Equivariant maps to subshifts whose points have small stabilizers

TL;DR

This paper extends a result on equivariant maps to subshifts in group actions, showing how to control stabilizers and construct free subshifts with universal properties for free Borel actions.

Contribution

It generalizes prior work by constructing subshifts with prescribed stabilizers, including free subshifts, for a broad class of group actions and subshifts of finite type.

Findings

Existence of subshifts with specified stabilizers for continuous equivariant maps.

Construction of free subshifts within proper colorings of Cayley graphs.

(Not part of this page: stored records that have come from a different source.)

-- ===== src/Startup/Service.antt =====
-- The agent from its start on: `main` of agente_c/src/main.c, then the events that the workers of
-- agente_c/src/server.c handle and the rounds of `broadcast_loop`, in any order.
use tp_sist_op.Prelude.{
  ℕ, Bool, true, false, ◌&&◌, ◌||◌, subst, inl, inr, arith, Option-cases, List, [], ◌∷◌, Option,
  none, some, ◌≡◌, refl,
}
use tp_sist_op.Prelude.Int.{ℤ, pos, IsQuantity}
use tp_sist_op.ResourceTypes.{cpu, mem, gpu}
use tp_sist_op.Manager.{recurso, manager_set_ip}
use tp_sist_op.Manager.Events.{Event, step}
use tp_sist_op.Manager.Invariant.{IsValid, manager_init-IsValid}
use tp_sist_op.Manager.Reachable.{step-IsValid}
use tp_sist_op.Server.Epoll.{
  ListenCalls, Listening, Live, Socket, ConnType, tcp_public_listen, tcp_local_listen,
  udp_discovery, conn_uses_oneshot, new_socket, create_listen_socket, add_opened, listen_all,
  init_server_sockets,
}
use tp_sist_op.Server.Worker.{Agent, Answers, Ready, is_broken, worker_step}
use tp_sist_op.Server.Armed.{is_outgoing, IsReady, put-AllHold, choose}
use tp_sist_op.Server.Fresh.{nobody}
use tp_sist_op.Server.Handled.{IsPossible}
use tp_sist_op.Server.Progress.{AllReady}
use tp_sist_op.Server.Settled.{missed, worker_step-AllReady}
use tp_sist_op.Server.Kept.{AreTame}
use tp_sist_op.Server.Forgotten.{worker_step-IsValid}
use tp_sist_op.Startup.{
  Config, BroadcastCalls, Start, udp_discovery_port, read_config, announce_msg, send_udp_broadcast,
  broadcast_round, first_manager, main,
}

-- An event that a worker handles, or a round of the thread that announces the node.
pub data Moment : Type 0 where
  event : Answers → Ready → ℕ → Moment
  round : BroadcastCalls → ℤ → Moment

abbrev pub advance : Config → Agent → Moment → Agent
advance cfg a (event w e conn) = worker_step w e conn a
advance cfg a (round calls now) = record a { manager = (broadcast_round cfg calls now a.manager).1 }

abbrev pub advance_all : Config → Agent → List Moment → Agent
advance_all cfg a [] = a
advance_all cfg a (m ∷ ms) = advance_all cfg (advance cfg a m) ms

-- The connections on which, in an event since they were last handled, `EPOLL_CTL_MOD` of `enqueue_write` fails.
abbrev pub missed_in : (ℕ → Bool) → Moment → ℕ → Bool
missed_in late (event w e conn) = missed late w conn
missed_in late (round calls now) = late

abbrev pub missed_in_all : (ℕ → Bool) → List Moment → ℕ → Bool
missed_in_all late [] = late
missed_in_all late (m ∷ ms) = missed_in_all (missed_in late m) ms

-- `read`, `write` and `malloc` answer as they are documented, an event without an error on a connection that
-- is being made has `EPOLLOUT`, and the lines that come in are tame.
abbrev pub IsAllowed : Agent → Moment → Type 0
IsAllowed a (event w e conn) =
    IsPossible w conn
    × ((s : Socket)
        → a.live conn ≡ some s
        → (is_outgoing s.type ≡ true → is_broken e ≡ false → e.write ≡ true) × AreTame w s.buffers)
IsAllowed a (round calls now) = Unit

abbrev pub AreAllowed : Config → Agent → List Moment → Type 0
AreAllowed cfg a [] = Unit
AreAllowed cfg a (m ∷ ms) = IsAllowed a m × AreAllowed cfg (advance cfg a m) ms

-- The manager is in order, and every connection waits for the events that it needs, but for the bytes to
-- send on one whose registration was missed.
pub record IsSane (late : ℕ → Bool) (a : Agent) : Type 0 where
  pub valid : IsValid a.manager
  pub ready : AllReady late a.live

advance-IsSane :
    (cfg : Config) (late : ℕ → Bool) (a : Agent) (m : Moment)
    → IsAllowed a m
    → IsSane late a
    → IsSane (missed_in late m) (advance cfg a m)
unfolding broadcast_round step
advance-IsSane cfg late a (event w e conn) (p, h) n = record {
  valid = worker_step-IsValid w e conn a (λ s found. (h s found).1) n.valid;
  ready =
      (worker_step-AllReady late w e conn a p (λ s found out fine. (h s found).0 out fine)
        n.ready).0;
}
advance-IsSane cfg late a (round calls now) h n = record {
  valid = step-IsValid a.manager (Event.purge (pos 15) now) tt n.valid;
  ready = n.ready;
}

advance_all-IsSane :
    (cfg : Config) (late : ℕ → Bool) (a : Agent) (ms : List Moment)
    → AreAllowed cfg a ms
    → IsSane late a
    → IsSane (missed_in_all late ms) (advance_all cfg a ms)
advance_all-IsSane cfg late a [] h n = n
advance_all-IsSane cfg late a (m ∷ ms) h n =
    advance_all-IsSane cfg (missed_in late m) (advance cfg a m) ms h.1
      (advance-IsSane cfg late a m h.0 n)

abbrev pub none_missed : ℕ → Bool
none_missed conn = false

abbrev AllListen : Listening → Type 0
AllListen Listening.no_epoll = Unit
AllListen Listening.exited = Unit
AllListen (Listening.listening live) = AllReady none_missed live

abbrev IsOpened : Option (ℕ × Socket) → Type 0
IsOpened none = Unit
IsOpened (some (conn, s)) = IsReady false s

create_listen_socket-IsOpened :
    (calls : ListenCalls) (type : ConnType) (is_udp : Bool)
    → conn_uses_oneshot type ≡ false
    → IsOpened (create_listen_socket calls type is_udp)
unfolding create_listen_socket new_socket
create_listen_socket-IsOpened calls type is_udp never =
    choose IsOpened (calls.socket && calls.setsockopt && calls.bind && (is_udp || calls.listen)) _ _
      (λ ok. elim (Option-cases calls.malloc) [
        | inl failed ↦ rw failed tt
        | inr (conn, e) ↦ rw e (
            choose IsOpened calls.epoll_add _ _
              (λ added. record {
                buffered = ((omega arith, omega arith), omega arith);
                idle = λ u. refl;
                covered = λ u. absurd (cc);
              })
              (λ failed. tt))
      ])
      (λ bad. tt)

add_opened-AllReady :
    (o : Option (ℕ × Socket)) (live : Live)
    → IsOpened o
    → AllReady none_missed live
    → AllReady none_missed (add_opened o live)
unfolding add_opened
add_opened-AllReady none live h all = all
add_opened-AllReady (some (conn, s)) live h all =
    put-AllHold none_missed nobody conn (some s) live h all

listen_all-AllListen :
    (a b c : Option (ℕ × Socket))
    → IsOpened a
    → IsOpened b
    → IsOpened c
    → AllListen (listen_all a b c)
unfolding listen_all
listen_all-AllListen none b c h k l = tt
listen_all-AllListen (some x) none c h k l = tt
listen_all-AllListen (some x) (some y) none h k l = tt
listen_all-AllListen (some x) (some y) (some z) h k l =
    add_opened-AllReady (some z) _ l
      (add_opened-AllReady (some y) _ k (add_opened-AllReady (some x) _ h (λ conn. tt)))

init_server_sockets-AllListen :
    (epoll_create1 : Bool) (public_tcp local_tcp udp : ListenCalls)
    → AllListen (init_server_sockets epoll_create1 public_tcp local_tcp udp)
unfolding init_server_sockets conn_uses_oneshot
init_server_sockets-AllListen epoll_create1 public_tcp local_tcp udp =
    choose AllListen epoll_create1 _ _
      (λ made.
        listen_all-AllListen _ _ _
          (create_listen_socket-IsOpened public_tcp tcp_public_listen false refl)
          (create_listen_socket-IsOpened local_tcp tcp_local_listen false refl)
          (create_listen_socket-IsOpened udp udp_discovery true refl))
      (λ failed. tt)

first_manager-IsValid :
    (cfg : Config)
    → IsQuantity cfg.cpu
    → IsQuantity cfg.mem
    → IsQuantity cfg.gpu
    → IsValid (first_manager cfg)
unfolding first_manager manager_set_ip recurso
first_manager-IsValid cfg c m g =
    let v = manager_init-IsValid cfg.cpu cfg.mem cfg.gpu c m g in
    record {
      sound = elim [ cpu ↦ v.sound cpu | mem ↦ v.sound mem | gpu ↦ v.sound gpu ];
      payable = v.payable;
      jobs_width = v.jobs_width;
      conns_width = v.conns_width;
      nodos_width = v.nodos_width;
    }

abbrev pub started : Config → Live → Agent
started cfg live = record { manager = first_manager cfg; live = live }

-- The agent that starts with five arguments, of which the amounts are quantities, and whose sockets
-- listen, runs with the configuration that it read, and after any events and rounds, in any order, as
-- long as each is allowed in the state that it finds, its manager is in order and every connection is
-- ready, however the calls of `epoll_ctl` end: within its buffers, and, if it is one-shot, registered
-- for reading, or for the end of its handshake, and for writing if bytes wait, unless, in an event since
-- it was last handled, `EPOLL_CTL_MOD` of `enqueue_write` on it was one that fails.
pub main-IsSane :
    (epoll_create1 : Bool) (public_tcp local_tcp udp : ListenCalls) (calls : BroadcastCalls)
    (argv : List (List ℕ)) (cfg : Config) (live : Live) (ms : List Moment)
    → read_config argv ≡ some cfg
    → init_server_sockets epoll_create1 public_tcp local_tcp udp ≡ Listening.listening live
    → IsQuantity cfg.cpu
    → IsQuantity cfg.mem
    → IsQuantity cfg.gpu
    → AreAllowed cfg (started cfg live) ms
    → (main (init_server_sockets epoll_create1 public_tcp local_tcp udp) true calls argv
        ≡ Start.running cfg
            (started cfg live)
            (send_udp_broadcast calls udp_discovery_port (announce_msg cfg)))
      × IsSane (missed_in_all none_missed ms) (advance_all cfg (started cfg live) ms)
unfolding main
main-IsSane epoll_create1 public_tcp local_tcp udp calls argv cfg live ms e k c m g h = (
  rw (e, main) (rw k refl),
  advance_all-IsSane cfg none_missed (started cfg live) ms h (record {
    valid = first_manager-IsValid cfg c m g;
    ready =
        subst AllListen k (init_server_sockets-AllListen epoll_create1 public_tcp local_tcp udp);
  }),
)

Universal property: every free Borel action admits an equivariant map to these subshifts.

Abstract

Let $\Gamma$ be a countably infinite group. Given $k \in \mathbb{N}$, we use $\mathrm{Free}(k^\Gamma)$ to denote the free part of the Bernoulli shift action of $\Gamma$ on $k^\Gamma$. Seward and Tucker-Drob showed that there exists a free subshift $\mathcal{S} \subseteq \mathrm{Free}(2^\Gamma)$ such that every free Borel action of $\Gamma$ on a Polish space admits a Borel $\Gamma$-equivariant map to $\mathcal{S}$. Here we generalize this result as follows. Let $\mathcal{S}$ be a subshift of finite type (for example, $\mathcal{S}$ could be the set of all proper colorings of the Cayley graph of $\Gamma$ with some finite number of colors). Suppose that $\pi \colon \mathrm{Free}(k^\Gamma) \to \mathcal{S}$ is a continuous $\Gamma$-equivariant map and let $\mathrm{Stab}(\pi)$ be the set of all group elements that fix every point in the image of $\pi$. Unless $\pi$ is constant, $\mathrm{Stab}(\pi)$ is a finite normal subgroup of $\Gamma$. We prove that there exists a subshift $\mathcal{S}' \subseteq \mathcal{S}$ such that the stabilizer of every point in $\mathcal{S}'$ is $\mathrm{Stab}(\pi)$ and every free Borel action of $\Gamma$ on a Polish space admits a Borel $\Gamma$-equivariant map to $\mathcal{S}'$. In particular, if the shift action of $\Gamma$ on the image of $\pi$ is faithful (i.e., if $\mathrm{Stab}(\pi)$ is trivial), then the subshift $\mathcal{S}'$ is free. As an application of this general result, we deduce that if $F$ is a finite symmetric subset of $\Gamma \setminus \{\mathbf{1}\}$ of size $|F| = d \geq 1$ and $\mathrm{Col}(F, d + 1) \subseteq (d+1)^\Gamma$ is the set of all proper $(d+1)$-colorings of the Cayley graph of $\Gamma$ corresponding to $F$, then there is a free subshift $\mathcal{S} \subseteq \mathrm{Col}(F, d+1)$ such that every free Borel action of $\Gamma$ on a Polish space admits a Borel $\Gamma$-equivariant map to $\mathcal{S}$.